Beyond the VirusTotal partnership, OpenClaw has outlined further security enhancements. These include the planned publication of a comprehensive threat model, a public security roadmap, a formal security reporting process, and details regarding a security audit of its entire codebase. These initiatives aim to provide greater transparency and build user trust as the platform evolves.
Specific security concerns that have come to light include issues with proxied traffic misclassification, insecure coding patterns like direct `eval` with user input, and the cleartext storage of credentials. A zero-click attack scenario was also detailed, involving a harmless document processed by an AI agent that could lead to the installation of a backdoor via an indirect prompt injection payload. Another instance involved an indirect prompt injection embedded in a web page that manipulated OpenClaw into appending attacker-controlled instructions to a file, silently awaiting further commands.
A security analysis of nearly 4,000 skills on ClawHub revealed that a significant percentage contained critical security flaws, exposing sensitive credentials in plaintext. Reports from Bitdefender have also indicated that malicious skills are often cloned and re-published at scale, with payloads staged through various online services.

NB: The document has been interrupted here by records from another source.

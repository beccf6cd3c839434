-- ===== src/Auth.antt =====
-- src/auth/jwt.rs: the claims of a token and their validation. `jsonwebtoken::decode`, with the
-- key and the checks it was set up for (signature, expiry, issuer), is a parameter.
pub mod Resource
pub mod Sound
pub mod Quoted
mod Tests
use sml_mcps.Prelude.{
  ℕ, zero, suc, Bool, true, false, not, ◌&&◌, ◌||◌, Option, none, some, List, [], ◌∷◌, ◌++◌,
  if◌then◌else◌, filter,
}
use sml_mcps.Prelude.Text.{Text, text, text_eq}
use sml_mcps.Rpc.Classify.{whitespace_len, trim_start}
use sml_mcps.Http1.{Outcome, ok, err}
use sml_mcps.Http1.Response.{contains, is_empty}
use sml_mcps.Http1.FramingOf.{eq_ignore_ascii_case}
use sml_mcps.Http1.ReadHead.{cons_part}
use sml_mcps.Origin.{split_once, is_listed}
use sml_mcps.Http.Sessions.{identity_separator}

-- `jsonwebtoken::errors::ErrorKind`, the kinds that the code tells apart
pub data ErrorKind : Type 0 where
  invalid_token invalid_signature expired_signature immature_signature : ErrorKind
  wrong_issuer wrong_audience invalid_subject missing_required_claim : ErrorKind
  invalid_algorithm invalid_algorithm_name base64 utf8 json other_kind : ErrorKind

pub data JwtError : Type 0 where
  missing_header invalid_format expired invalid_issuer invalid_audience : JwtError
  malformed_claim : JwtError
  validation_failed : ErrorKind → JwtError

unfoldable pub kind_summary : ErrorKind → Text
kind_summary invalid_token = text "malformed token"
kind_summary invalid_signature = text "invalid signature"
kind_summary expired_signature = text "expired"
kind_summary immature_signature = text "not valid yet"
kind_summary wrong_issuer = text "bad issuer"
kind_summary wrong_audience = text "bad audience"
kind_summary invalid_subject = text "bad subject"
kind_summary missing_required_claim = text "a required claim is missing"
kind_summary invalid_algorithm = text "unacceptable algorithm"
kind_summary invalid_algorithm_name = text "unacceptable algorithm"
kind_summary base64 = text "malformed token"
kind_summary utf8 = text "malformed token"
kind_summary json = text "malformed token"
kind_summary other_kind = text "the validator could not run"

unfoldable pub summary : JwtError → Text
unfolding kind_summary
summary missing_header = text "missing header"
summary invalid_format = text "malformed header"
summary expired = text "expired"
summary invalid_issuer = text "bad issuer"
summary invalid_audience = text "bad audience"
summary malformed_claim = text "a claim this server cannot use"
summary (validation_failed kind) = kind_summary kind

pub data Audience : Type 0 where
  one : Text → Audience
  many : List Text → Audience

unfoldable pub values : Audience → List Text
values (one value) = value ∷ []
values (many vs) = vs

-- `Audience::contains`
unfoldable pub names : Audience → Text → Bool
unfolding values is_listed
names a resource = is_listed (values a) resource

pub record Claims : Type 0 where
  pub sub : Text
  pub exp : ℕ
  pub iat : ℕ
  pub iss : Option Text
  pub aud : Option Audience
  pub tenant : Option Text
  pub scope : Option Text

unfoldable pub audiences_of : Claims → List Text
unfolding values
audiences_of c = elim c.aud [ none ↦ [] | some a ↦ values a ]

-- `str::split_whitespace`: the number counts the bytes of a white space character to be skipped.
unfoldable pub split_at_space : ℕ → Text → List Text
unfolding whitespace_len
split_at_space n [] = [] ∷ []
split_at_space (suc k) (b ∷ bs) = split_at_space k bs
split_at_space zero (b ∷ bs) = elim (whitespace_len (b ∷ bs)) [
  | zero ↦ cons_part b (split_at_space zero bs)
  | suc k ↦ [] ∷ split_at_space k bs
]

unfoldable pub split_whitespace : Text → List Text
unfolding split_at_space is_empty
split_whitespace t = filter (λ p. not (is_empty p)) (split_at_space 0 t)

unfoldable pub scopes : Claims → List Text
unfolding split_whitespace
scopes c = elim c.scope [ none ↦ [] | some s ↦ split_whitespace s ]

abbrev pub scope_in : Option Text → Text → Bool
scope_in none wanted = false
scope_in (some s) wanted = is_listed (split_whitespace s) wanted

unfoldable pub has_scope : Claims → Text → Bool
unfolding is_listed split_whitespace
has_scope c wanted = scope_in c.scope wanted

unfoldable pub missing_scopes : Claims → List Text → List Text
unfolding has_scope
missing_scopes c required = filter (λ s. not (has_scope c s)) required

unfoldable pub user_id : Claims → Text
user_id c = c.sub

abbrev pub or_sub : Text → Option Text → Text
or_sub sub none = sub
or_sub sub (some t) = t

unfoldable pub tenant_id : Claims → Text
tenant_id c = or_sub c.sub c.tenant

-- What of a validator is not the key and the checks of `decode`.
pub record JwtValidator : Type 0 where
  pub resource : Option Text
  pub audiences : List Text

abbrev pub new_validator : JwtValidator
new_validator = record { resource = none; audiences = [] }

unfoldable pub with_audience : Text → JwtValidator → JwtValidator
with_audience audience v = record v { audiences = v.audiences ++ audience ∷ [] }

unfoldable pub for_resource : Text → JwtValidator → JwtValidator
for_resource r v = record { resource = some r; audiences = v.audiences ++ r ∷ [] }

abbrev pub is_nil : List Text → Bool
is_nil [] = true
is_nil (x ∷ xs) = false

unfoldable pub binds_audience : JwtValidator → Bool
binds_audience v = not (is_nil v.audiences)

abbrev pub token_of : Option (Text × Text) → Outcome JwtError Text
token_of none = err invalid_format
token_of (some (scheme, rest)) =
    if not (eq_ignore_ascii_case scheme (text "bearer"))
    then err invalid_format
    else if is_empty (trim_start rest)
    then err invalid_format
    else ok (trim_start rest)

unfoldable pub extract_token : Text → Outcome JwtError Text
unfolding split_once eq_ignore_ascii_case trim_start is_empty
extract_token auth_header = token_of (split_once (text " ") auth_header)

abbrev pub separated : Option Text → Bool
separated none = false
separated (some t) = contains t identity_separator

-- `any` over the audiences of the validator
unfoldable pub any_named : List Text → Audience → Bool
unfolding names
any_named [] a = false
any_named (want ∷ ws) a = names a want || any_named ws a

abbrev pub named_by : List Text → Option Audience → Bool
named_by ws none = false
named_by ws (some a) = any_named ws a

abbrev pub checked : JwtValidator → Outcome JwtError Claims → Outcome JwtError Claims
checked v (err e) = err e
checked v (ok c) =
    if contains c.sub identity_separator || separated c.tenant
    then err malformed_claim
    else if not (is_nil v.audiences) && not (named_by v.audiences c.aud)
    then err invalid_audience
    else ok c

module _ (decode : Text → Outcome JwtError Claims) where
  unfoldable pub validate : JwtValidator → Text → Outcome JwtError Claims
  unfolding contains any_named
  validate v token = checked v (decode token)

  abbrev pub validate_token : JwtValidator → Outcome JwtError Text → Outcome JwtError Claims
  validate_token v (err e) = err e
  validate_token v (ok token) = validate v token

  unfoldable pub validate_header : JwtValidator → Text → Outcome JwtError Claims
  unfolding extract_token validate
  validate_header v auth_header = validate_token v (extract_token auth_header)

Previously, a patched one-click remote code execution vulnerability allowed attackers to trick users into visiting malicious web pages, potentially leading to the leakage of authentication tokens and arbitrary command execution.

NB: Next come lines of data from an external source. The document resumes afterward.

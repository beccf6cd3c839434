-- ===== src/Auth/Resource.antt =====
-- src/auth/resource.rs: the canonical URI of a server, its metadata, and the challenges. A
-- `ResourceUri` is its text.
pub mod Marks
pub mod Urls
pub mod Paths
use sml_mcps.Prelude.{
  ℕ, Bool, true, false, not, ◌||◌, Option, none, some, List, [], ◌∷◌, ◌++◌, ◌==◌, if◌then◌else◌,
}
use sml_mcps.Prelude.Text.{Text, text, text_eq}
use sml_mcps.Rpc.Classify.{trim_start}
use sml_mcps.Server.Logging.{to_ascii_lowercase}
use sml_mcps.Http1.{Outcome, ok, err}
use sml_mcps.Http1.Response.{contains, is_empty}
use sml_mcps.Http1.ReadHead.{trim_end}
use sml_mcps.Origin.{split_once, starts_with_letter, without_slash}

-- `find('/')` and what stands before it and from it on
abbrev pub grown : ℕ → Text × Text → Text × Text
grown b (front, rest) = (b ∷ front, rest)

unfoldable pub split_at_slash : Text → Text × Text
split_at_slash [] = ([], [])
split_at_slash (b ∷ bs) =
    let later = split_at_slash bs in if b == b'/' then ([], b ∷ bs) else grown b later

unfoldable pub canonical : Text → Text × Text → Outcome Text Text
unfolding to_ascii_lowercase without_slash is_empty
canonical scheme (authority, path) =
    if is_empty authority
    then err (text "resource URI has no host: ")
    else ok (
        to_ascii_lowercase scheme
        ++ (text "://" ++ (to_ascii_lowercase authority ++ without_slash path)))

abbrev pub parsed_parts : Option (Text × Text) → Outcome Text Text
parsed_parts none = err (text "resource URI must include a scheme: ")
parsed_parts (some (scheme, rest)) =
    if not (starts_with_letter scheme)
    then err (text "resource URI has an invalid scheme: ")
    else if is_empty rest
    then err (text "resource URI has no host: ")
    else canonical scheme (split_at_slash rest)

abbrev pub quoting : Text → Outcome Text Text → Outcome Text Text
quoting uri (ok r) = ok r
quoting uri (err why) = err (why ++ uri)

unfoldable pub parse_trimmed : Text → Outcome Text Text
unfolding contains is_empty split_once starts_with_letter split_at_slash canonical
parse_trimmed uri =
    if is_empty uri
    then err (text "resource URI must not be empty")
    else if contains uri b'#'
    then err (text "resource URI must not contain a fragment: " ++ uri)
    else if contains uri b'?'
    then err (
        text
          "resource URI must not contain a query string, which would leave its metadata document unreachable: "
        ++ uri)
    else quoting uri (parsed_parts (split_once (text "://") uri))

-- `ResourceUri::parse`
unfoldable pub parse_uri : Text → Outcome Text Text
unfolding parse_trimmed trim_start trim_end
parse_uri uri = parse_trimmed (trim_end (trim_start uri))

abbrev pub prefixed : Text → Text × Text → Text × Text
prefixed scheme (authority, path) = (scheme ++ (text "://" ++ authority), path)

abbrev pub behind : Text → Option (Text × Text) → Text × Text
behind whole none = split_at_slash whole
behind whole (some (scheme, rest)) = prefixed scheme (split_at_slash rest)

-- `origin` and `path`
unfoldable pub origin_and_path : Text → Text × Text
unfolding split_once split_at_slash
origin_and_path uri = behind uri (split_once (text "://") uri)

abbrev pub well_known : Text
well_known = text "/.well-known/oauth-protected-resource"

unfoldable pub metadata_url : Text → Text
unfolding origin_and_path
metadata_url uri = (origin_and_path uri).0 ++ (well_known ++ (origin_and_path uri).1)

unfoldable pub metadata_path : Text → Text
unfolding origin_and_path
metadata_path uri = well_known ++ (origin_and_path uri).1

pub record ProtectedResourceMetadata : Type 0 where
  pub resource : Text
  pub authorization_servers : List Text
  pub scopes_supported : List Text
  pub bearer_methods_supported : List Text
  pub resource_name : Option Text
  pub resource_documentation : Option Text

unfoldable pub new_metadata : Text → List Text → ProtectedResourceMetadata
new_metadata uri servers = record {
  resource = uri;
  authorization_servers = servers;
  scopes_supported = [];
  bearer_methods_supported = text "header" ∷ [];
  resource_name = none;
  resource_documentation = none;
}

unfoldable pub resource_uri : ProtectedResourceMetadata → Outcome Text Text
unfolding parse_uri
resource_uri m = parse_uri m.resource

-- `str::replace` of one byte
unfoldable pub replace : ℕ → Text → Text → Text
replace b by [] = []
replace b by (c ∷ cs) = let rest = replace b by cs in if c == b then by ++ rest else c ∷ rest

unfoldable pub escape : Text → Text
unfolding replace
escape value = replace b'"' (b'\\' ∷ b'"' ∷ []) (replace b'\\' (b'\\' ∷ b'\\' ∷ []) value)

-- `[String]::join`
unfoldable pub join : Text → List Text → Text
join separator [] = []
join separator (t ∷ []) = t
join separator (t ∷ u ∷ us) = t ++ (separator ++ join separator (u ∷ us))

abbrev pub quoted : Text → Text
quoted value = b'"' ∷ (escape value ++ b'"' ∷ [])

abbrev pub no_scopes : List Text → Bool
no_scopes [] = true
no_scopes (s ∷ ss) = false

unfoldable pub unauthorized_challenge : Text → List Text → Text
unfolding escape join
unauthorized_challenge url scopes =
    text "Bearer resource_metadata="
    ++ (quoted url
        ++ (if no_scopes scopes then [] else text ", scope=" ++ quoted (join (text " ") scopes)))

abbrev pub described : Option Text → Text
described none = []
described (some d) = text ", error_description=" ++ quoted d

unfoldable pub insufficient_scope_challenge : Text → List Text → Option Text → Text
unfolding escape join
insufficient_scope_challenge url required description =
    text "Bearer error=\"insufficient_scope\", scope="
    ++ (quoted (join (text " ") required)
        ++ (text ", resource_metadata=" ++ (quoted url ++ described description)))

Furthermore, OpenClaw’s gateway has been found to bind to public interfaces by default, exposing its API to wider networks. Hypothetical attack scenarios involving specially crafted WhatsApp messages have demonstrated the potential to exfiltrate sensitive credential files from exposed OpenClaw instances. Issues with misconfigured databases like Supabase, belonging to Moltbook, have also led to the exposure of millions of API authentication tokens and private messages between agents. Threat actors have exploited Moltbook’s platform mechanics to amplify their reach and funnel other agents towards malicious threads containing prompt injections.
Many security experts emphasize the critical nature of securing AI agent platforms. China’s Ministry of Industry and Information Technology has issued an alert regarding misconfigured instances, urging users to implement protections against cyberattacks and data breaches. The primary attack surface, according to experts, often lies in misconfigurations when agent platforms grow faster than security practices. The focus on configuration risk by regulators underscores the understanding that these frameworks amplify both productivity and the potential blast radius of security incidents.
Looking ahead, the AI security community will be closely watching the implementation of OpenClaw’s announced security roadmap. The effectiveness of the VirusTotal integration and the subsequent enhancements to its threat model and discovery processes will be crucial in addressing the ongoing challenges of securing the agentic ecosystem. The platform’s ability to adapt to evolving threat vectors, particularly prompt injection attacks, and its commitment to user-friendly security best practices will determine its long-term viability and trustworthiness.